Global reinsurance prices firmed for Jan. 1, 2009 renewals and are expected to remain firm for the April through July renewals, according to a report issued by Aon Benfield insurance brokerage.
In its January 2009 Reinsurance Market Outlook, Aon Benfield, a unit of Chicago-based Aon Corp., said that assuming there is only limited additional turbulence in the financial markets and no significant reinsured catastrophe losses occur, it expects that the April through July reinsurance renewal market will be similar to the Jan. 1 market.
U.S. hurricane and earthquake reinsurance pricing rose modestly at January renewals, and pricing of other global natural perils held firm.
However, U.S. hurricane-dominated programs, especially those exposed in the state of Florida, would likely experience more significant price increases than others due to the potential inability of the Florida Hurricane Catastrophe Fund (FHCF) to fully finance its projected 2009 capacity in the uncertain municipal bond market, the report said.
The loss of significant optional FHCF capacity or less confidence in its claims paying ability may greatly impact reinsurance renewals for Florida residential property insurers, said Aon Benfield.
Impacting supply and demand, the financial and credit crisis, as well as the severity of 2008 hurricanes, impacted reinsurers and it is estimated that reinsurers will be entering 2009 with 15-to-20 percent less economic capital than in 2008, according to the report.
Reinsurers sustained over $10 billion in ceded catastrophe losses in 2008. However, reinsurers have maintained the core capital required to underwrite risk, the analysis noted.
"Reinsurers have demonstrated prudent capital management during the recent financial crisis, particularly when measured against other financial institutions.
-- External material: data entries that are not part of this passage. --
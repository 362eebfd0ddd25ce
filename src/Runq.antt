-- ===== src/Runq.antt =====
-- `try_steal` of src/scheduler_mn.c: a worker without work looks at the deques of the other workers,
-- one after the other. Each steal is taken as a whole, as in Deque.
pub mod Steal
use ein8_proj.Base.{ℕ, zero, suc, ◌+◌, ◌-◌, ◌%◌, ◌==◌, leb, if◌then◌else◌}
use ein8_proj.Deque.{Deque, cl_steal}

-- The deques of the workers, by their number.
abbrev pub Deques : Type 0
Deques = ℕ → Deque

abbrev pub write_deque : Deques → ℕ → Deque → Deques
write_deque qs v q a = if a == v then q else qs a

-- The `for` of `try_steal` from `i` on, with the rounds that are left as fuel.
unfoldable pub steal_loop : (fuel i self n : ℕ) → Deques → ℕ × Deques
steal_loop zero i self n qs = (0, qs)
steal_loop (suc fuel) i self n qs =
    let v = (self + i) % n in
    let (t, q) = cl_steal (qs v) in
    let rest = steal_loop fuel (i + 1) self n (write_deque qs v q) in
    if t == 0 then rest else (t, write_deque qs v q)

unfoldable pub try_steal : (self n : ℕ) → Deques → ℕ × Deques
try_steal self n qs = if leb n 1 then (0, qs) else steal_loop (n - 1) 1 self n qs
Despite significant investment-related losses, equity capital remains at appropriate levels to support underwriting risk for reinsurers," said Bryon Ehrhart, chief executive officer of Aon Benfield Analytics.
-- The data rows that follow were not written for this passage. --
-- ===== src/Balance.antt =====
-- The queues of all workers in src/scheduler_mn.c, with what a worker puts into them and how it finds
-- its next thread. Each operation on one queue is taken as a whole; condition variables are calls of
-- the system, of which the model keeps the worker that is signalled.
pub mod Push
pub mod Search
pub mod Round
use ein8_proj.Base.{
  ℕ, zero, suc, ◌+◌, ◌-◌, ◌%◌, ◌^◌, bit_and, bit_or, ◌==◌, leb, if◌then◌else◌, not, ◌&&◌, Option,
  none, some,
}
use ein8_proj.Base.Bits.{ctz}
use ein8_proj.Base.Word.{u32}
use ein8_proj.Sched.{Slab}
use ein8_proj.Deque.{Deque, cl_push_bottom, cl_pop_bottom}
use ein8_proj.Injector.{Injector, inj_push, try_drain_injector}
use ein8_proj.Runq.{Deques, write_deque, try_steal}

-- `runqs` and the globals beside it; the links of the injector queues are in `hot_slab`.
pub record Runqs : Type 0 where
  pub hot : Slab
  pub deques : Deques
  pub injectors : ℕ → Injector
  pub n_runqs : ℕ
  pub runq_shutdown_flag : ℕ
  pub idle_bitmap : ℕ
  pub push_rr : ℕ

abbrev pub write_injector : (ℕ → Injector) → ℕ → Injector → ℕ → Injector
write_injector js v j a = if a == v then j else js a

-- `~(1ULL << i)`
abbrev pub all_but : ℕ → ℕ
all_but i = 18446744073709551615 - 2 ^ i

-- The worker that `wake_one_idle` signals, if it signals one.
unfoldable pub wake_one_idle : (self : ℕ) → Runqs → Option ℕ
wake_one_idle self s =
    let idle = bit_and s.idle_bitmap (all_but self) in
    if idle == 0 then none else if leb s.n_runqs (ctz 64 idle) then none else some (ctz 64 idle)

unfoldable pub wake_specific : (target : ℕ) → Runqs → Option ℕ
wake_specific target s = if bit_and s.idle_bitmap (2 ^ target) == 0 then none else some target

-- `runq_push` behind the push, given its result.
unfoldable pub push_done : (self : ℕ) → Runqs → Option (ℕ × Deque) → Option (Option ℕ × Runqs)
push_done self s none = none
push_done self s (some (size, q)) = some (
  if leb 2 size then wake_one_idle self s else none,
  record s { deques = write_deque s.deques self q },
)

-- The worker that is signalled and the new state; `none` is `abort()`.
unfoldable pub runq_push : (self t : ℕ) → Runqs → Option (Option ℕ × Runqs)
runq_push self t s = push_done self s (cl_push_bottom t (s.deques self))

unfoldable pub push_external : (target t : ℕ) → Runqs → Option ℕ × Runqs
push_external target t s =
    let (j, h) = inj_push t (s.injectors target) s.hot in
    (wake_specific target s, record s { hot = h; injectors = write_injector s.injectors target j })

unfoldable pub schedule_push_balance_cb : (self t : ℕ) → Runqs → Option (Option ℕ × Runqs)
schedule_push_balance_cb self t s =
    let target = s.push_rr % s.n_runqs in
    let s = record s { push_rr = u32 (s.push_rr + 1) } in
    if target == self then runq_push self t s else some (push_external target t s)

-- How a round of `runq_pop_block` ends: with a thread, with NULL, in `pthread_cond_wait`, or in the
-- next round.
pub data Found : Type 0 where
  got : (t : ℕ) → Found
  stopped : Found
  waits : Found
  again : Found

-- The last part of a round. A worker that waits has its bit set; it clears it when it is signalled.
unfoldable pub sleep_round : (self : ℕ) → Runqs → Found × Runqs
sleep_round self s =
    let q = s.deques self in
    if (q.bottom == q.top) && (((s.injectors self).size == 0) && (s.runq_shutdown_flag == 0))
    then (waits, record s { idle_bitmap = bit_or s.idle_bitmap (2 ^ self) })
    else (
      again,
      record s { idle_bitmap = bit_and (bit_or s.idle_bitmap (2 ^ self)) (all_but self) },
    )

unfoldable pub steal_round : (self : ℕ) → Runqs → Found × Runqs
steal_round self s =
    let (t, qs) = try_steal self s.n_runqs s.deques in
    let s = record s { deques = qs } in
    let rest = sleep_round self s in if not (t == 0) then (got t, s) else rest

unfoldable pub drain_round : (self : ℕ) → Runqs → Found × Runqs
drain_round self s =
    let (t, j, h) = try_drain_injector (s.injectors self) s.hot in
    let s = record s { hot = h; injectors = write_injector s.injectors self j } in
    let rest = steal_round self s in
    if not (t == 0)
    then (got t, s)
    else if not (s.runq_shutdown_flag == 0)
    then (stopped, s)
    else rest

-- One round of the `for` of `runq_pop_block`, taken as one step: the calls that other workers make
-- between its accesses are not interleaved with it.
unfoldable pub pop_round : (self : ℕ) → Runqs → Found × Runqs
pop_round self s =
    let (t, q) = cl_pop_bottom (s.deques self) in
    let s = record s { deques = write_deque s.deques self q } in
    let rest = drain_round self s in if not (t == 0) then (got t, s) else rest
"Moreover, reinsurers have very low debt leverage and comparatively very low total asset leverage, relative to banks who have struggled greatly during this financial crisis," added Mr. Ehrhart.
The report noted that the capital markets, which have played an increasing role in the mitigation of insurance risk, have also suffered from the recent financial turbulence. However, the multiple-year structure of catastrophe bonds has helped cedents hedge capacity and price in the current firm market.
The impact of the credit and liquidity crisis has been considerably worse for insurers than for reinsurers. For calendar-year 2008, Aon Benfield estimates that insurer capital will decrease by 25-to-30 percent, Aon Benfield estimated.
Mr. Ehrhart noted that while insurers have maintained the core capital they need to continue their businesses, additional capital may be needed for future growth. Reinsurance purchases have been limited to those with "more stressed balance sheets." Where reinsurance pricing has increased, cedents have tried to offset increased reinsurance spending through higher retentions in some cases, he said.
The report can be found at www.aon.com and www.aonbenfield.com.